Mais les interminables files d’attente aux guichets de la SG et la confusion créée par le flou des communiqués publiés jusque-là ont poussé l’institution à repousser le délai au 20 janvier et à revoir ses exigences à la baisse. Sans toutefois convaincre. Car elle admet au final que l’émission d’un nouveau passeport n’est pas une obligation, mais qu’elle est conseillée.

« Les passeports libanais renouvelés devront tous être remplacés par des passeports neufs et pas seulement ceux renouvelés manuellement, contrairement à ce qui a été dit précédemment. De même, devront être remplacés les passeports comportant des accompagnants, généralement des mineurs sur le passeport de leur mère. Quant aux passeports valides non renouvelés, ils sont toujours valables. »

C’est ce qu’a annoncé hier le commandant Ali Termos, lors d’une conférence de presse au siège principal de la SG secteur Palais de justice. Quant aux visas déjà obtenus, ils seront toujours valides, car anciens et nouveaux passeports seront agrafés.

« Cette mesure répond à une recommandation de l’Organisation de l’aviation civile internationale (OACI) datant du 31 décembre 2012 (publiée pour la première fois en 2005). Une recommandation qui invite les États membres de l’OACI à retirer de la circulation, à partir du 24 novembre 2015, les passeports dont les informations ne peuvent être lues par le lecteur optique. Et sur le passeport libanais, le renouvellement (à la page 2) et les accompagnants (à la page 47) ne peuvent être lus par le lecteur optique, contrairement à la première page. »

Interdits d’entrée en Afrique du Sud
Sauf que ces passeports « non reconnus » sont toujours « valides ». « La SG n’empêchera pas les Libanais détenteurs de tels passeports de voyager », promet le porte-parole de ce service. Des propos qui n’expliquent pas pourquoi les représentants de la SG ont confisqué de nombreux passeports d’expatriés débarquant à Beyrouth, durant la période des fêtes, forçant ces derniers à de longues et inutiles formalités pour récupérer leurs documents de voyage, d’abord à l’aéroport puis au siège de la Sûreté.

Le consulat de France a d’ailleurs déclaré hier dans un tweet : « Vous pouvez continuer à déposer une demande de visa avec un passeport libanais renouvelé manuellement. » Le consulat a également dit, à l’intention de ceux qui ont obtenu un nouveau passeport, que la « décision d’annulation des passeports libanais renouvelés à la main n’oblige pas les voyageurs concernés à se faire délivrer un nouveau visa ».

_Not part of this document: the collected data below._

-- ===== src/Relay/Reports.antt =====
-- The reports of the relay service on the messages that it sends.
use neo_nect_desktop.Base.{
  Bool, true, false, ◌||◌, List, [], ◌∷◌, ◌++◌, ◌≡◌, refl, ap, sym, ◌∙◌, inl, arith, inr,
  if◌then◌else◌, Bool-cases, ℤ, pos, eqb_ℤ,
}
use mathlib.Core.List.{append_assoc}
use neo_nect_desktop.Base.Text.{String, is_empty, ◌<>◌}
use neo_nect_desktop.Crypto.{Bytes, OpenSsl, EncryptedPayload, encrypt_aes_gcm}
use neo_nect_desktop.Socket.State.{Network}
use neo_nect_desktop.Storage.Message.{Message}
use neo_nect_desktop.Relay.{
  ISettingsRepository, RelayService, Web, Effect, secure_message_transmitted,
  message_transmission_status, post, send_answer,
}
use neo_nect_desktop.Relay.Session.{ep_relay_send, handle_401_error}
use neo_nect_desktop.Relay.Send.{
  Moment, send_domain_message, with_device_id, transmit, packet_of, report, target_of, on_sent,
  body_error, envelope_members,
}

-- The two signals on the end of a transmission.
abbrev pub end_of : String → String → Bool → String → List Effect
end_of target id ok err =
    secure_message_transmitted target ok ∷ message_transmission_status target id ok err ∷ []

-- The packet of a message, encrypted with a key.
abbrev pub sealed_packet :
    {S : Type 0}
    → ISettingsRepository S
    → Web
    → Network
    → OpenSsl
    → Moment
    → Message
    → S
    → Bytes
    → EncryptedPayload
sealed_packet i w n o now msg settings key =
    encrypt_aes_gcm o key (w.to_json (packet_of i w n now msg settings)) []

-- What sending a message in the state `before` adds to the log, and when: the four cases exclude
-- each other.
pub data IsAnswered {S : Type 0} (i : ISettingsRepository S) (w : Web) (n : Network) (o : OpenSsl)
    (now : Moment) (msg : Message) (before : RelayService S) (after : List Effect) : Type 0 where
  own :
      n.same_ci (target_of msg.conversation_id) "saved-messages" ≡ true
      → after ≡ before.log ++ end_of (target_of msg.conversation_id) msg.id true ""
      → IsAnswered i w n o now msg before after
  refused :
      n.same_ci (target_of msg.conversation_id) "saved-messages" ≡ false
      → (is_empty (i.auth_token before.settings) || is_empty (target_of msg.conversation_id)) ≡ true
      → after
        ≡ before.log
          ++ end_of
              (target_of msg.conversation_id)
              msg.id
              false
              "Missing session token or recipient"
      → IsAnswered i w n o now msg before after
  unsealed :
      (settings : S)
      → n.same_ci (target_of msg.conversation_id) "saved-messages" ≡ false
      → is_empty (i.auth_token before.settings) ≡ false
      → is_empty (target_of msg.conversation_id) ≡ false
      → (sealed_packet i w n o now msg settings before.master).success ≡ false
      → after
        ≡ before.log
          ++ end_of (target_of msg.conversation_id) msg.id false (
              "E2EE Encryption failed: "
              <> (sealed_packet i w n o now msg settings before.master).error_message)
      → IsAnswered i w n o now msg before after
  requested :
      (settings : S) (device_id : String)
      → n.same_ci (target_of msg.conversation_id) "saved-messages" ≡ false
      → is_empty (i.auth_token before.settings) ≡ false
      → is_empty (target_of msg.conversation_id) ≡ false
      → (sealed_packet i w n o now msg settings before.master).success ≡ true
      → after
        ≡ before.log
          ++ post ep_relay_send
              (w.to_json (
                envelope_members device_id
                  (target_of msg.conversation_id)
                  (w.to_base64 (sealed_packet i w n o now msg settings before.master).envelope)
                  now.now_s))
              (send_answer (target_of msg.conversation_id) msg.id)
            ∷ []
      → IsAnswered i w n o now msg before after

module _ {S : Type 0} (i : ISettingsRepository S) (w : Web) (n : Network) where
  with_device_id-log :
      (now : Moment) (s : RelayService S) → (with_device_id i w n now s).1.log ≡ s.log
  unfolding with_device_id
  with_device_id-log now s = elim (Bool-cases (is_empty (n.trimmed (i.device_id s.settings)))) [
    | inl e ↦ rw e refl
    | inr e ↦ rw e refl
  ]

  with_device_id-master :
      (now : Moment) (s : RelayService S) → (with_device_id i w n now s).1.master ≡ s.master
  unfolding with_device_id
  with_device_id-master now s = elim (Bool-cases (is_empty (n.trimmed (i.device_id s.settings)))) [
    | inl e ↦ rw e refl
    | inr e ↦ rw e refl
  ]

  -- The log of `report`, on a state with the log of an earlier one.
  report-log :
      (target id : String) (ok : Bool) (err : String) (log : List Effect) (s : RelayService S)
      → s.log ≡ log
      → (report i w n target id ok err s).log ≡ log ++ end_of target id ok err
  unfolding report
  report-log target id ok err log s e =
      append_assoc s.log _ _ ∙ ap (λ l. l ++ end_of target id ok err) e

  transmit-IsAnswered :
      (o : OpenSsl) (now : Moment) (device_id : String) (msg : Message) (s t : RelayService S)
      → t.log ≡ s.log
      → t.master ≡ s.master
      → n.same_ci (target_of msg.conversation_id) "saved-messages" ≡ false
      → is_empty (i.auth_token s.settings) ≡ false
      → is_empty (target_of msg.conversation_id) ≡ false
      → IsAnswered i w n o now msg s
          (transmit i w n o now device_id (target_of msg.conversation_id) msg t).log
  unfolding transmit
  transmit-IsAnswered o now device_id msg s t same_log same_key other token peer =
      let target = target_of msg.conversation_id in
      let packet = w.to_json (packet_of i w n now msg t.settings) in
      let sealed = encrypt_aes_gcm o t.master packet [] in
      let same : encrypt_aes_gcm o s.master packet [] ≡ sealed =
        ap (λ k. encrypt_aes_gcm o k packet []) (sym same_key) in
      elim (Bool-cases sealed.success) [
        | inl e ↦ rw e (
            requested t.settings device_id other token peer (ap (λ x. x.success) same ∙ e) (
              ap
                (λ l.
                  l
                  ++ post ep_relay_send
                      (w.to_json
                        (envelope_members device_id target (w.to_base64 sealed.envelope) now.now_s))
                      (send_answer target msg.id)
                    ∷ [])
                same_log
              ∙ ap
                  (λ x.
                    s.log
                    ++ post ep_relay_send
                        (w.to_json
                          (envelope_members device_id target (w.to_base64 x.envelope) now.now_s))
                        (send_answer target msg.id)
                      ∷ [])
                  (sym same)))
        | inr e ↦ rw e (
            unsealed t.settings other token peer (ap (λ x. x.success) same ∙ e) (
              report-log target msg.id false ("E2EE Encryption failed: " <> sealed.error_message)
                s.log t same_log
              ∙ ap
                  (λ x.
                    s.log
                    ++ end_of target msg.id false ("E2EE Encryption failed: " <> x.error_message))
                  (sym same)))
      ]

  -- Sending a message to the saved messages reports success at once; otherwise, without a token or a
  -- recipient, or if the packet cannot be encrypted, it reports that at once; and otherwise it makes
  -- one request, with the sealed packet for the recipient, and reports nothing yet. The log has
  -- nothing else.
  pub send_domain_message-IsAnswered :
      (o : OpenSsl) (now : Moment) (msg : Message) (s : RelayService S)
      → IsAnswered i w n o now msg s (send_domain_message i w n o now msg s).log
  unfolding send_domain_message
  send_domain_message-IsAnswered o now msg s =
      let t = with_device_id i w n now s in
      let same = with_device_id-log now s in
      let target = target_of msg.conversation_id in
      elim (Bool-cases (n.same_ci target "saved-messages")) [
        | inl e ↦
            rw (send_domain_message, e) (own e (report-log target msg.id true "" s.log t.1 same))
        | inr e ↦ elim (Bool-cases (is_empty (i.auth_token s.settings) || is_empty target)) [
          | inl f ↦
              rw (send_domain_message, e, f)
                (refused e f (
                  report-log target msg.id false "Missing session token or recipient" s.log t.1
                    same))
          | inr f ↦
              rw (send_domain_message, e, f)
                (transmit-IsAnswered o now t.0 msg s t.1 same (with_device_id-master now s) e
                  (ground (arith, f)) (ground (arith, f)))
        ]
      ]

  -- The answer to that request ends with the two signals for the message, whatever its status, its
  -- body and the network's error, and they say success exactly if the network reports no error or the
  -- status is 200 or 201.
  on_sent-reported :
      (target id : String) (status : ℤ) (body : Bytes) (no_error : Bool) (err : String)
      (s : RelayService S)
      → (before : List Effect) × (shown : String) × ((on_sent i w n target id status body no_error
            err s).log
          ≡ before
            ++ end_of target id
                (no_error || eqb_ℤ status (pos 200) || eqb_ℤ status (pos 201))
                shown)
  unfolding on_sent report
  on_sent-reported target id status body no_error err s =
      elim (Bool-cases (no_error || eqb_ℤ status (pos 200) || eqb_ℤ status (pos 201))) [
        | inl e ↦ rw (on_sent, e) (s.log, "", append_assoc s.log _ _)
        | inr e ↦
            let t = if eqb_ℤ status (pos 401) then handle_401_error i n s else s in
            let otherwise = if is_empty err then "Network relay transmission failed" else err in
            rw (on_sent, e)
              (t.log, body_error i w n status otherwise (w.of_json body), append_assoc t.log _ _)
      ]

De même, le site web de l’ambassade des États-Unis a clairement indiqué que « les Libanais détenteurs d’un visa américain valide qui ont besoin de changer leur passeport à cause des nouvelles régulations mises en place peuvent continuer à utiliser leur visa pour les USA sur leur passeport expiré ou annulé, s’il n’y a aucun changement de leurs données biographiques ».

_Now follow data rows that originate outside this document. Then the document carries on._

-- ===== src/Relay/Tests.antt =====
-- Instances of the theorems about the relay service, with the settings repository as its settings.
use neo_nect_desktop.Base.{◌≡◌, refl, true, false, [], ◌∷◌, pos}
use neo_nect_desktop.Base.Json.{no_members}
use neo_nect_desktop.Crypto.{encrypt_aes_gcm, active_key, is_zero, generate_random_bytes}
use neo_nect_desktop.Crypto.Samples.{ones, plain_cipher, plain_cipher-Ready, plain_cipher-IsGcm}
use neo_nect_desktop.Messaging.Samples.{picture}
use neo_nect_desktop.Qt.Samples.{plain_qt}
use neo_nect_desktop.Socket.Client.Samples.{network}
use neo_nect_desktop.Settings.{
  SettingsRepository, Machine, settings_repository, clear_session, username,
}
use neo_nect_desktop.Settings.Interface.{settings_interface, auth_token-clear_session}
use neo_nect_desktop.Relay.{
  ISettingsRepository, RelayService, server_disconnected, device_registration_requested,
  session_unauthorized, set_auth_token,
}
use neo_nect_desktop.Relay.Session.{
  acknowledge_message, handle_401_error, poll_pending_messages, expired_text, start_polling,
}
use neo_nect_desktop.Relay.Send.{Moment, packet_of, send_domain_message}
use neo_nect_desktop.Relay.Receive.{Reading, process_incoming_relay_item, is_processed}
use neo_nect_desktop.Relay.Once.{here, next, starts, Reach-acknowledge}
use neo_nect_desktop.Relay.Reports.{IsAnswered, send_domain_message-IsAnswered}
use neo_nect_desktop.Relay.Expired.{handle_401_error-thrice}
use neo_nect_desktop.Relay.Delivered.{IsDelivered, process-packet_of-IsDelivered}
use neo_nect_desktop.Relay.Samples.{web_of, web_of-Codec, idle_service}

abbrev machine : Machine
machine = record { ssl = plain_cipher; machine_id = 1 ∷ []; fallback_id = 2 ∷ [] }

abbrev interface : ISettingsRepository SettingsRepository
interface = settings_interface plain_qt (web_of no_members) machine

-- Ann's settings.
abbrev settings : SettingsRepository
settings = record (settings_repository plain_qt "" []) {
  cached_auth_token = "token";
  cached_username = "ann";
  cached_device_id = "d1";
}

abbrev service : RelayService SettingsRepository
service = idle_service settings

abbrev moment : Moment
moment = record { uuid = "u"; now_ms = pos 5000; now_s = pos 5 }

abbrev reading : Reading
reading = record { uuid = "u"; now = pos 5000 }

Reach-acknowledge_example :
    let web = web_of no_members in
    let s = start_polling interface network (
      process_incoming_relay_item interface web plain_qt plain_cipher reading (pos 3) "" service) in
    process_incoming_relay_item interface web plain_qt plain_cipher reading (pos 3) "b" s
    ≡ acknowledge_message interface web (pos 3) s
Reach-acknowledge_example =
    let web = web_of no_members in
    Reach-acknowledge interface web plain_qt network (pos 3) plain_cipher plain_cipher reading
      reading "" "b" service
      (start_polling interface network (
        process_incoming_relay_item interface web plain_qt plain_cipher reading (pos 3) "" service))
      (next here starts)

send_domain_message-IsAnswered_example :
    IsAnswered interface
      (web_of no_members)
      network
      plain_cipher
      moment
      picture
      service
      (send_domain_message interface
        (web_of no_members)
        network
        plain_cipher
        moment
        picture
        service).log
send_domain_message-IsAnswered_example =
    send_domain_message-IsAnswered interface (web_of no_members) network plain_cipher moment picture
      service

handle_401_error-thrice_example :
    let t =
      handle_401_error interface network
        (handle_401_error interface network (handle_401_error interface network service)) in
    (t.log
      ≡ device_registration_requested
        ∷ device_registration_requested
        ∷ server_disconnected
        ∷ set_auth_token ""
        ∷ session_unauthorized (expired_text interface network)
        ∷ [])
    × (t.is_polling ≡ false)
    × (t.retry_401_count ≡ 0)
    × (t.settings ≡ clear_session settings)
    × (poll_pending_messages interface t ≡ t)
handle_401_error-thrice_example =
    handle_401_error-thrice interface network service refl
      (auth_token-clear_session (web_of no_members) machine)

encrypts_one : (encrypt_aes_gcm plain_cipher (ones 32) (7 ∷ []) []).success ≡ true
unfolding encrypt_aes_gcm active_key is_zero generate_random_bytes
encrypts_one = refl

process-packet_of-IsDelivered_example :
    let packet = packet_of interface (web_of no_members) network moment picture settings in
    let web = web_of packet in
    let sealed = encrypt_aes_gcm plain_cipher (ones 32) (7 ∷ []) [] in
    IsDelivered interface web plain_qt (pos 3) "ann" picture (
      process_incoming_relay_item interface web plain_qt plain_cipher reading
        (pos 3)
        (web.to_base64 sealed.envelope)
        service)
unfolding is_processed packet_of username
process-packet_of-IsDelivered_example =
    let packet = packet_of interface (web_of no_members) network moment picture settings in
    process-packet_of-IsDelivered interface interface (web_of packet) plain_qt network plain_cipher
      plain_cipher moment reading (pos 3) picture settings service (web_of-Codec packet)
      plain_cipher-IsGcm plain_cipher-Ready encrypts_one refl refl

En revanche, souligne le commandant Termos, « certains pays, l’Afrique du Sud notamment, ont refoulé des Libanais détenteurs d’un passeport renouvelé, qui avaient pourtant des permis de séjour. L’Arabie saoudite envisage d’appliquer bientôt ces mesures. D’autres pays refusent de le faire pour le moment ».

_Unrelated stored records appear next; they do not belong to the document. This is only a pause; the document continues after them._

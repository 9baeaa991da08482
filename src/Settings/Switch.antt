-- ===== src/Settings/Switch.antt =====
-- Other users and other profiles in src/storage/settingsrepository.cpp.
use Prim.Native.Char.{Char}
use Prim.Native.String
use Prim.Native.String.append
use neo_nect_desktop.Base.{Bool, false, Bool-cases, inl, inr, ◌≡◌, refl, ap, ◌∙◌, arith}
use neo_nect_desktop.Base.Hash.{find, find-past}
use neo_nect_desktop.Base.Text.{String, ◌==◌, ◌<>◌, is_empty, eq_iff}
use neo_nect_desktop.Settings.Values.{group_of-set_group}
use neo_nect_desktop.Qt.{Qt}
use neo_nect_desktop.Settings.{
  SettingsRepository, value, set_profile, set_display_name, display_name, set_avatar_url,
  avatar_url, set_username, device_id, public_key, user_key, Stored, stored_text, group_of,
  set_value, get_group_name, current_user,
}

-- A text that begins like the key of the user's name.
starts_like_username : String → Bool
starts_like_username String.[] = false
starts_like_username (String.◌∷◌ c rest) = String.◌∷◌ c String.[] == "u"

other_key : (key : String) → starts_like_username key ≡ false → ("username" == key) ≡ false
unfolding starts_like_username
other_key key h = elim (Bool-cases ("username" == key)) [
  | inr e ↦ e
  | inl e ↦
      let same : "username" ≡ key = (eq_iff "username" key).0 e in
      absurd (ground (arith, h, ap starts_like_username same))
]

-- The settings with the name of another user, and nothing at hand for the former one.
abbrev renamed : String → SettingsRepository → SettingsRepository
renamed name r = record r {
  cached_username = name;
  cached_device_id = "";
  cached_public_key = "";
  cached_display_name = "";
  cached_avatar_url = "";
}

abbrev signed_in : String → SettingsRepository → SettingsRepository
signed_in name r = set_value "username" (Stored.text name) (renamed name r)

set_username-signed_in :
    (name : String) (r : SettingsRepository)
    → (r.cached_username == name) ≡ false
    → set_username name r ≡ signed_in name r
unfolding set_username
set_username-signed_in name r h = rw h refl

-- The name of the user leaves the values of the other keys.
value-signed_in :
    (key name : String) (r : SettingsRepository)
    → starts_like_username key ≡ false
    → value key (signed_in name r) ≡ value key r
unfolding get_group_name
value-signed_in key name r h =
    ap (λ g. stored_text "" (find key g)) (group_of-set_group _ (renamed name r))
    ∙ ap (stored_text "")
        (find-past "username" key (Stored.text name) (group_of r) (other_key key h))

module _ (q : Qt) where
  -- The display name and the avatar that were set in one profile are those of the next profile that
  -- is chosen, whatever its settings say: they are still at hand.
  pub display_name-set_profile :
      (name url profile : String) (r : SettingsRepository)
      → is_empty name ≡ false
      → is_empty url ≡ false
      → ((display_name q (set_profile q profile (set_display_name q name r))).0 ≡ name)
        × ((avatar_url q (set_profile q profile (set_avatar_url q url r))).0 ≡ url)
  unfolding display_name set_profile set_display_name avatar_url set_avatar_url
  display_name-set_profile name url profile r h k = (
    rw h refl,
    elim (Bool-cases (is_empty (q.trimmed url))) [
      | inl e ↦ rw (e, k) refl
      | inr e ↦ rw (e, k) refl
    ],
  )

  -- A key that begins with another letter.
  begins :
      (c : Char) (key user : String)
      → starts_like_username (String.◌++◌ (String.◌∷◌ c key) user) ≡ (String.◌∷◌ c String.[] == "u")
  unfolding starts_like_username
  begins c key user = ap starts_like_username (append.cons c key user)

  -- What is read of a value that is not at hand.
  read-signed_in :
      (c : Char) (key name : String) (r : SettingsRepository)
      → is_empty (q.to_lower (q.trimmed name)) ≡ false
      → (String.◌∷◌ c String.[] == "u") ≡ false
      → value (user_key q (String.◌∷◌ c key) (signed_in name r)) (signed_in name r)
        ≡ value (String.◌∷◌ c key <> "_" <> q.to_lower (q.trimmed name)) r
  unfolding current_user
  read-signed_in c key name r some_name h =
      rw (some_name, some_name)
        (value-signed_in (String.◌∷◌ c key <> "_" <> q.to_lower (q.trimmed name)) name r
          (begins c key ("_" <> q.to_lower (q.trimmed name)) ∙ h))

  -- After another user signs in, whose name is not blank, the device, the key, the name and the avatar
  -- are those that the file held for that user before, under the keys with the user's name, and
  -- nothing that was at hand for the former user; a value that the file does not hold is empty.
  pub set_username-stored :
      (name : String) (r : SettingsRepository)
      → (r.cached_username == name) ≡ false
      → is_empty (q.to_lower (q.trimmed name)) ≡ false
      → let s = set_username name r in
        let user = "_" <> q.to_lower (q.trimmed name) in
        ((device_id q s).0 ≡ value ("device_id" <> user) r)
        × ((public_key q s).0 ≡ value ("public_key" <> user) r)
        × ((display_name q s).0 ≡ value ("display_name" <> user) r)
        × ((avatar_url q s).0 ≡ value ("avatar_url" <> user) r)
  unfolding device_id public_key display_name avatar_url
  set_username-stored name r h some_name =
      let e = set_username-signed_in name r h in
      (
        ap (λ s. (device_id q s).0) e ∙ read-signed_in "d" "evice_id" name r some_name refl,
        ap (λ s. (public_key q s).0) e ∙ read-signed_in "p" "ublic_key" name r some_name refl,
        ap (λ s. (display_name q s).0) e ∙ read-signed_in "d" "isplay_name" name r some_name refl,
        ap (λ s. (avatar_url q s).0) e ∙ read-signed_in "a" "vatar_url" name r some_name refl,
      )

Mais alors, pourquoi les autorités ont-elles attendu la dernière minute pour se plier à la demande de l’OACI ? Et pourquoi n’ont-elles pas appliqué le processus progressivement, accompagné de campagnes d’information auprès des citoyens ? Le porte-parole de la SG se contente d’expliquer qu’en janvier 2014, la Sûreté a arrêté de délivrer des passeports avec des accompagnants et qu’en janvier 2015, elle a cessé les renouvellements de passeports. « Ceux qui ont renouvelé leur passeport avant cette date sont concernés. Leur nombre s’élève à 200 000 personnes », note-t-il.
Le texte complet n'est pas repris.